Burgemeester en wethouders zijn bevoegd deze bestemming te wijzigen in de bestemming 'Wonen' voor zover het de voormalige bedrijfswoning betreft, waarbij moet worden voldaan aan de volgende regels:
- de sexinrichting is volledig beëindigd;
- indien er sprake is van een locatie dat aan minimaal 2 zijden grenst aan de bestemming 'Agrarisch-Boomteeltontwikkelingsgebied' wordt aangetoond dat er geen afbreuk wordt gedaan aan de huidige en toekomstige intensivering van het gebied;
- de oppervlakte van het nieuwe bestemmingsvlak 'Wonen' mag nooit meer bedragen van 5.000 m2;
- de bestaande voormalige bedrijfsgebouwen dienen te worden gesloopt, waarbij:
1. maximaal 200 m2 aan bijgebouwen behouden mag blijven;
2. cultuurhistorisch waardevolle gebouwen met de aanduiding 'cultuurhistorische waarde' mogen niet
worden gesloopt;
3. in afwijking van het bepaalde onder 1. mag maximaal één bestaand bijgebouw (constructief één geheel)

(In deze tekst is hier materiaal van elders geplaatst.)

-- ===== src/Bthome.antt =====
-- src/bthome_beacon.c: the advertising packets, plain and encrypted, as bytes in adv_buf.
-- src/ccm.c is a copy of a library, so its encryption is a parameter.
pub mod Address
pub mod Decode
pub mod Nonces
pub mod Sealed
mod Tests
use b80_key.Prelude.{
  ℕ, zero, suc, ◌+◌, ◌-◌, ◌*◌, ◌/◌, ◌%◌, ◌^◌, List, [], ◌∷◌, ◌++◌, Bool, true, false,
}
use b80_key.Prelude.{if◌then◌else◌, take, drop, set, length}
use b80_key.Ccm.{Ccm}
use b80_key.Eep.Config.{u32_bytes}

-- The fields of services_t and wrk that the packets show; `temp` is the s16 as 16 bits.
pub record Measured : Type 0 where
  pub battery_level : ℕ
  pub battery_mv : ℕ
  pub temp : ℕ
  pub key_pressed : Bool
  pub key_counter : ℕ

-- adv_buf_t, without the event number; `bytes` is its field data
pub record AdvBuf : Type 0 where
  pub send_count : ℕ
  pub data_size : ℕ
  pub bytes : List ℕ

-- The low byte first, as the chip stores words
abbrev pub u16_bytes : ℕ → List ℕ
u16_bytes v = v % 256 ∷ v / 256 % 256 ∷ []

-- The start of the buffer overwritten
abbrev pub put_bytes : List ℕ → List ℕ → List ℕ
put_bytes old bs = bs ++ drop (length bs) old

-- GAP_ADTYPE_SERVICE_DATA_UUID_16BIT and ADV_BTHOME_UUID16
abbrev pub service_data : ℕ
service_data = 0x16

abbrev pub bthome_uuid16 : ℕ
bthome_uuid16 = 0xFCD2

-- BtHomeIDs_e, the identifiers that are used
abbrev pub id_packet : ℕ
id_packet = 0x00

abbrev pub id_battery : ℕ
id_battery = 0x01

abbrev pub id_temperature : ℕ
id_temperature = 0x02

abbrev pub id_voltage : ℕ
id_voltage = 0x0c

abbrev pub id_opened : ℕ
id_opened = 0x11

abbrev pub id_count32 : ℕ
id_count32 = 0x3e

-- BtHomeID_Info and BtHomeID_Info_Encrypt
abbrev pub info_plain : ℕ
info_plain = 0x40

abbrev pub info_encrypt : ℕ
info_encrypt = 0x41

-- seg_bthome_data_t
unfoldable pub set_bthome_data : Measured → List ℕ
set_bthome_data s =
    id_battery
    ∷ s.battery_level
    ∷ id_temperature
    ∷ (u16_bytes s.temp ++ id_voltage ∷ u16_bytes s.battery_mv)

-- seg_bthome_event_t
unfoldable pub set_bthome_event : Measured → List ℕ
set_bthome_event s =
    id_opened ∷ (if s.key_pressed then 0 else 1) ∷ id_count32 ∷ u32_bytes s.key_counter

-- `n` is whether the packet shows the event.
abbrev pub segment : Bool → Measured → List ℕ
segment n s = if n then set_bthome_event s else set_bthome_data s

unfoldable pub bthome_beacon : Bool → Measured → AdvBuf → AdvBuf
bthome_beacon n s adv =
    let seg = segment n s in
    let total = 7 + length seg in
    record adv {
      data_size = total + 3;
      bytes = put_bytes adv.bytes (
          (total - 1)
          ∷ service_data
          ∷ (u16_bytes bthome_uuid16 ++ info_plain ∷ id_packet ∷ adv.send_count % 256 ∷ seg));
    }

-- bthome_beacon_nonce_t
pub record Nonce : Type 0 where
  pub mac : List ℕ
  pub uuid16 : ℕ
  pub info : ℕ
  pub cnt32 : ℕ

abbrev pub nonce_bytes : Nonce → List ℕ
nonce_bytes b = b.mac ++ (u16_bytes b.uuid16 ++ b.info ∷ u32_bytes b.cnt32)

-- swapX of sdk_ble/common/utility.c: the loop that stores src[i] at dst[len - 1 - i].
unfoldable pub swap_x : List ℕ → List ℕ → ℕ → List ℕ
swap_x src dst zero = dst
swap_x [] dst (suc n) = dst
swap_x (c ∷ src) dst (suc n) = swap_x src (set dst n c) n

unfoldable pub bthome_beacon_init : List ℕ → Nonce → Nonce
bthome_beacon_init mac_public b = record b {
  mac = swap_x mac_public b.mac 6;
  uuid16 = bthome_uuid16;
  info = info_encrypt;
}

module _ (c : Ccm) (bindkey : List ℕ) where
  unfoldable pub bthome_encrypt : List ℕ → Nonce → AdvBuf → Nonce × AdvBuf
  bthome_encrypt pdata b adv =
      let head_size = length pdata + 12 in
      let b' = record b { cnt32 = adv.send_count } in
      let (cipher, mic) = c.encrypt_and_tag bindkey (nonce_bytes b') pdata in
      (
        b',
        record adv {
          data_size = head_size + 1 + 3;
          bytes = put_bytes adv.bytes (
              head_size
              ∷ service_data
              ∷ (u16_bytes b.uuid16 ++ b.info ∷ (cipher ++ (u32_bytes adv.send_count ++ mic))));
        },
      )

  unfoldable pub bthome_encrypt_beacon : Bool → Measured → Nonce → AdvBuf → Nonce × AdvBuf
  bthome_encrypt_beacon n s b adv = bthome_encrypt (segment n s) b adv

  -- What app_start_adv and main_loop do when dev_cfg.flags asks for encryption: the next number, and
  -- the packet.
  unfoldable pub send_encrypted : Bool → Measured → Nonce → AdvBuf → Nonce × AdvBuf
  send_encrypted n s b adv =
      bthome_encrypt_beacon n s b (record adv { send_count = (adv.send_count + 1) % 2 ^ 32 })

dat groter is dan 200 m2 en maximaal 500 m2 is, behouden blijven, mits er per 50 m2 dat het bestaande
bijgebouw groter is dan 200 m2 er minimaal 250 m2 aan voormalige bedrijfsbebouwing wordt gesloopt;
4. in afwijking van het bepaalde onder 1 en 3 kan het college besluiten om in bepaalde gevallen waar
maatwerk gevraagd wordt, meer m2 toe te staan tot maximaal 600 m2, indien het bedrijfsgebouw
bestaat uit één schuur of loods welke bouwkundig één geheel is en niets te slopen is tot 200 m2;
e. het aantal woningen mag niet worden vermeerderd;
f. in afwijking van het bepaalde onder e. is splitsing toegestaan met dien verstande dat:
1. woningsplitsing is uitsluitend toegestaan bij voormalige boerderijgebouwen met de aanduiding
'cultuurhistorische waarde';
2. de voormalige boerderij mag gesplitst worden in maximaal twee woningen;
3. de beide woningen dienen minimaal een inhoud te hebben van 400 m3;
4. de aanduiding 'twee aaneen' zal worden opgenomen.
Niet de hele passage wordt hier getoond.